Chris Hosford and I have been having an interesting e-mail exchange about his post wondering whether RSS (really simple syndication) might not be the next best thing in meeting marketing. I think it has the potential to be, but we're nowhere near ready for an RSS revolution. How do I know? I can hear you all yawning and practically see your eyes glazing over. What the heck is she talking about? (Wikipedia RSS entry here—it's a good explanation of what RSS is and how it works. Kevin Holland also has a succinct explanation on the XtremeASAE Blog).


And I can talk all day long about how I can't imagine life without my news reader and its constantly updated feeds to the 100 or so blogs and other sites I monitor daily (or try to, anyway). All you need is an RSS feed on your conference site, and potential attendees who have news readers (I highly recommend Bloglines, which is where I keep most of my feeds). If you have those two elements, then you have the ability to update your attendees in real time on what's going on with your event.


But chances are, you don't have either, at least, not yet.
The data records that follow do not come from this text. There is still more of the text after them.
-- ===== src/Pipeline/Capacity.antt =====
-- The bounded queues, and the width of the issue stage.
use accelsim_lite.Prelude.{
  ℕ, zero, suc, ◌+◌, ◌≤◌, ◌<◌, ◌≡◌, ap, inl, inr, Bool, true, false, [], ◌∷◌, arith, length,
  length-append, List-cases, u32_mod,
}
use accelsim_lite.Config.{SimulatorConfig}
use accelsim_lite.Pipeline.{ExecSlot, State, at, retire_one, Tick, after_tick, resume}
use accelsim_lite.Pipeline.Moves.{
  Move, retires, advances, wakes, requeues, postpones, issues_memory, issues_compute, stalls,
  dispatches, decodes, fetches, ticks,
}
use accelsim_lite.Pipeline.Front.{
  wake_up, requeue, begin_execution, postpone, issue, issue_loop, issue_all, dispatch_one,
  decode_one, fetch_one, end_cycle,
}
use accelsim_lite.Pipeline.Forward.{complete_all-eq}

pub record WithinCapacity (config : SimulatorConfig) (s : State) : Type 0 where
  pub dispatch_within : length s.dispatch_q ≤ config.dispatch_queue_capacity
  pub ready_within : length s.ready_q ≤ config.ready_queue_capacity

after_tick-WithinCapacity :
    (config : SimulatorConfig) (s : State) (t : Tick)
    → WithinCapacity config s
    → WithinCapacity config (after_tick s t)
unfolding after_tick
after_tick-WithinCapacity config s t v =
    let e = complete_all-eq t.finished (resume s t) in
    record {
      dispatch_within = omega (arith, v.dispatch_within, ap (λ u. length u.dispatch_q) e);
      ready_within = omega (arith, v.ready_within, ap (λ u. length u.ready_q) e);
    }

-- Every move keeps the bounded queues within their capacities.
pub Move-WithinCapacity :
    {config : SimulatorConfig} (s t : State)
    → Move config s t
    → WithinCapacity config s
    → WithinCapacity config t
unfolding retire_one wake_up requeue begin_execution postpone dispatch_one decode_one fetch_one
    end_cycle
Move-WithinCapacity _ _ (retires s idx rest e) v = omega (arith, v.dispatch_within, v.ready_within)
Move-WithinCapacity {config} _ _ (advances s u e) v = after_tick-WithinCapacity config s u v
Move-WithinCapacity _ _ (wakes s idx rest e sat room) v =
    omega (arith, ap length e, length-append s.ready_q (idx ∷ []))
Move-WithinCapacity _ _ (requeues s idx rest stats e same) v =
    omega (arith, ap length e, length-append rest (idx ∷ []))
Move-WithinCapacity _ _ (postpones s idx rest stats e same) v =
    omega (arith, ap length e, length-append rest (idx ∷ []))
Move-WithinCapacity _ _ (issues_memory s idx rest e m free) v = omega (arith, ap length e)
Move-WithinCapacity _ _ (issues_compute s idx rest e c free) v = omega (arith, ap length e)
Move-WithinCapacity _ _ (stalls s stats same) v = omega arith
Move-WithinCapacity _ _ (dispatches s idx rest e room) v =
    omega (arith, length-append s.dispatch_q (idx ∷ []))
Move-WithinCapacity _ _ (decodes s idx rest e) v = omega arith
Move-WithinCapacity _ _ (fetches s lt) v = omega arith
Move-WithinCapacity _ _ (ticks s) v = omega arith

-- One turn of the issue loop puts at most one instruction into execution, counts it, and does so
-- only below the issue width.
issue_width :
    (config : SimulatorConfig) (idx issued : ℕ) (s : State)
    → issued ≤ config.issue_width
    → config.issue_width < u32_mod
    → (length (issue config idx issued s).0.exec_slots + issued
        ≡ length s.exec_slots + (issue config idx issued s).1)
      × ((issue config idx issued s).1 ≤ config.issue_width)
unfolding issue
issue_width config idx issued s h fits =
    let slot = λ (memory : Bool).
      let x : ExecSlot = record {
        index = idx;
        remaining = (at s idx).execute_latency;
        uses_memory = memory;
      } in
      x in
    ground (
      arith,
      length-append s.exec_slots (slot true ∷ []),
      length-append s.exec_slots (slot false ∷ []),
    )

issue_loop_width :
    (config : SimulatorConfig) (n : ℕ) (s : State) (issued : ℕ)
    → issued ≤ config.issue_width
    → config.issue_width < u32_mod
    → (length (issue_loop config n (s, issued)).0.exec_slots + issued
        ≡ length s.exec_slots + (issue_loop config n (s, issued)).1)
      × ((issue_loop config n (s, issued)).1 ≤ config.issue_width)
unfolding issue_loop
issue_loop_width config zero s issued h fits = omega arith
issue_loop_width config (suc n) s issued h fits = elim (List-cases s.ready_q) [
  | inl e ↦ simp (e, issue_loop) (issue_loop_width config n s issued h fits)
  | inr (idx, rest, e) ↦
      let step = issue_width config idx issued (record s { ready_q = rest }) h fits in
      let next = issue config idx issued (record s { ready_q = rest }) in
      simp (e, issue_loop)
        (omega (arith, issue_loop_width config n next.0 next.1 step.1 fits, step))
]

-- The issue stage of one cycle starts at most `issue_width` instructions, if the width fits its word.
pub issue_all_width :
    (config : SimulatorConfig) (s : State)
    → config.issue_width < u32_mod
    → (length s.exec_slots ≤ length (issue_all config s).exec_slots)
      × (length (issue_all config s).exec_slots ≤ length s.exec_slots + config.issue_width)
unfolding issue_all
issue_all_width config s fits =
    omega (arith, issue_loop_width config (length s.ready_q) s 0 (omega arith) fits)
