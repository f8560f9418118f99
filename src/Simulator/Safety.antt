-- ===== src/Simulator/Safety.antt =====
-- What holds throughout a run.
use accelsim_lite.Prelude.{
  ℕ, ◌≢◌, List, arith, zero, suc, inl, inr, refl, ◌≡◌, length, get_or, Result-cases, succeed,
}
use accelsim_lite.Config.{SimulatorConfig, FitsWords}
use accelsim_lite.Simulator.{start, failed, main_loop, run_workload, step}
use accelsim_lite.Simulator.Turns.{after_turns, WithinTurn, within-Moves}
use accelsim_lite.Pipeline.{State, Error, retire_all, at}
use accelsim_lite.Instruction.{Instruction, blank}
use accelsim_lite.Pipeline.Moves.{Moves, Moves_keep, retire_all-Moves}
use accelsim_lite.Pipeline.Dependencies.{RespectsDeps}
use accelsim_lite.Pipeline.Resources.{IsAccounted, Move-IsAccounted, advance-succeeds}
use accelsim_lite.Pipeline.Placement.{IsPlaced}
use accelsim_lite.Pipeline.Dependencies.Steps.{Move-RespectsDeps}
use accelsim_lite.Pipeline.Placement.Steps.{Move-IsPlaced}
use accelsim_lite.Simulator.Steps.{step-Moves, step-throw}
use accelsim_lite.Pipeline.Finished.{IsCounted}
use accelsim_lite.Pipeline.Finished.Steps.{Move-IsCounted}
use accelsim_lite.Pipeline.Program.{SameOperation}
use accelsim_lite.Pipeline.Capacity.{WithinCapacity, Move-WithinCapacity}

-- The states that the moves of a run lead to.
abbrev pub Reachable : SimulatorConfig → List Instruction → State → Type 0
Reachable config workload s = Moves config (start workload) s

pub start-IsPlaced : (workload : List Instruction) → IsPlaced (start workload)
unfolding start
start-IsPlaced workload = record { in_range = omega arith; places = λ i. ground arith }

start-IsAccounted :
    (config : SimulatorConfig) (workload : List Instruction) → IsAccounted config (start workload)
unfolding start
start-IsAccounted config workload = omega arith

pub start-RespectsDeps : (workload : List Instruction) → RespectsDeps (start workload)
unfolding start
start-RespectsDeps workload = record {
  awake_deps = λ i lt up. absurd (omega arith);
  retired_finished = λ dep h. absurd (cc);
}

-- The invariants in every state that moves lead to.

pub Reachable-IsPlaced :
    (config : SimulatorConfig) (workload : List Instruction) (s : State)
    → Reachable config workload s
    → IsPlaced s
Reachable-IsPlaced config workload s r =
    Moves_keep IsPlaced Move-IsPlaced r (start-IsPlaced workload)

pub Reachable-IsAccounted :
    (config : SimulatorConfig) (workload : List Instruction) (s : State)
    → FitsWords config
    → Reachable config workload s
    → IsAccounted config s
Reachable-IsAccounted config workload s fits r =
    Moves_keep (IsAccounted config) (Move-IsAccounted fits) r (start-IsAccounted config workload)

pub Reachable-RespectsDeps :
    (config : SimulatorConfig) (workload : List Instruction) (s : State)
    → Reachable config workload s
    → RespectsDeps s
Reachable-RespectsDeps config workload s r =
    (Moves_keep (λ s. IsPlaced s × RespectsDeps s)
      (λ s t m v. (Move-IsPlaced s t m v.0, Move-RespectsDeps s t m v.0 v.1)) r
      (start-IsPlaced workload, start-RespectsDeps workload)).1

loop_never_fails :
    (config : SimulatorConfig) (fuel : ℕ) (s : State) (e : Error)
    → FitsWords config
    → IsAccounted config s
    → main_loop config fuel s ≢ failed e
unfolding main_loop
loop_never_fails config zero s e fits v = ground arith
loop_never_fails config (suc fuel) s e fits v = elim (Result-cases (step config s)) [
  | inl (t, p) ↦
      let kept =
        Moves_keep (IsAccounted config) (Move-IsAccounted fits) (step-Moves config s t p) v in
      ground (arith, loop_never_fails config fuel t e fits kept)
  | inr (x, p) ↦
      let kept =
        Moves_keep (IsAccounted config) (Move-IsAccounted fits) (retire_all-Moves config s) v in
      let (t, q) = advance-succeeds (retire_all s) kept in
      absurd (ground (arith, step-throw config s x p))
]

-- A run never raises an exception, whatever the workload, if the configuration fits its words.
pub run_never_fails :
    (config : SimulatorConfig) (fuel : ℕ) (workload : List Instruction) (e : Error)
    → FitsWords config
    → run_workload config fuel workload ≢ failed e
unfolding run_workload
run_never_fails config fuel workload e fits =
    loop_never_fails config fuel (start workload) e fits (start-IsAccounted config workload)

start-IsCounted : (workload : List Instruction) → IsCounted (start workload)
unfolding start
start-IsCounted workload = record { counted_ops = refl; counted_latency = refl }

pub run_counters :
    (config : SimulatorConfig) (workload : List Instruction) (s : State)
    → Reachable config workload s
    → IsCounted s
run_counters config workload s r =
    (Moves_keep (λ s. IsPlaced s × IsCounted s)
      (λ s t m v. (Move-IsPlaced s t m v.0, Move-IsCounted s t m v.0 v.1)) r
      (start-IsPlaced workload, start-IsCounted workload)).1

-- The program of the first state is the workload.
pub start-length :
    (workload : List Instruction) → length (start workload).instructions ≡ length workload
unfolding start
start-length workload = refl

pub start-SameOperation :
    (workload : List Instruction) (i : ℕ) {x : Instruction}
    → SameOperation (at (start workload) i) x
    → SameOperation (get_or workload i blank) x
unfolding start
start-SameOperation workload i h = h

pub start-next : (workload : List Instruction) → (start workload).next_to_fetch ≡ 0
unfolding start
start-next workload = refl

Reachable-WithinCapacity :
    (config : SimulatorConfig) (workload : List Instruction) (s : State)
    → Reachable config workload s
    → WithinCapacity config s
unfolding start
Reachable-WithinCapacity config workload s r =
    Moves_keep (WithinCapacity config) Move-WithinCapacity r (omega arith)

-- The same for the states that the code itself goes through: those between the stages of the turn
-- that follows any number of turns.

-- After any number of turns of the main loop and between any two stages of the next turn, each
-- fetched instruction stands in exactly the queue that its stage names, once, and in no other
-- queue; an instruction that is done or not yet fetched stands in none.
pub run_placement :
    (config : SimulatorConfig) (workload : List Instruction) (n : ℕ) (s t : State)
    → after_turns config n (start workload) ≡ succeed s
    → WithinTurn config s t
    → IsPlaced t
run_placement config workload n s t ran within =
    Reachable-IsPlaced config workload t (within-Moves config n (start workload) s t ran within)

-- After any number of turns of the main loop and between any two stages of the next turn, the
-- units in use are those that the executing slots occupy, and at most as many as configured, if
-- the configuration fits its words.
pub run_resources :
    (config : SimulatorConfig) (workload : List Instruction) (n : ℕ) (s t : State)
    → FitsWords config
    → after_turns config n (start workload) ≡ succeed s
    → WithinTurn config s t
    → IsAccounted config t
run_resources config workload n s t fits ran within =
    Reachable-IsAccounted config workload t fits
      (within-Moves config n (start workload) s t ran within)

-- After any number of turns of the main loop and between any two stages of the next turn, each
-- instruction that has left the dispatch queue has all its dependencies retired, and each retired
-- identifier is that of an instruction that is done.
pub run_dependencies :
    (config : SimulatorConfig) (workload : List Instruction) (n : ℕ) (s t : State)
    → after_turns config n (start workload) ≡ succeed s
    → WithinTurn config s t
    → RespectsDeps t
run_dependencies config workload n s t ran within =
    Reachable-RespectsDeps config workload t (within-Moves config n (start workload) s t ran within)

-- After any number of turns of the main loop and between any two stages of the next turn, the
-- dispatch queue and the ready queue hold at most their capacities.
pub run_capacity :
    (config : SimulatorConfig) (workload : List Instruction) (n : ℕ) (s t : State)
    → after_turns config n (start workload) ≡ succeed s
    → WithinTurn config s t
    → WithinCapacity config t
run_capacity config workload n s t ran within =
    Reachable-WithinCapacity config workload t
      (within-Moves config n (start workload) s t ran within)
People are just starting to understand the value of blogging their meetings--and since most blog providers include an RSS feed in the package, I'm hoping that RSS may one day soon leach into the mainstream.


Then again, it's going on three years now I've been hammering our tech guys to set up an RSS feed for our Web sites and it hasn't happened yet—though they promise it's coming soon. I can only imagine how long it would take to get through an association's committee for approval, much less implementation, much less adoption by potential attendees. My guess is that by the time that happens, the RSS train will have left the station and we'll have something even cooler that'll take another huge amount of time to go mainstream.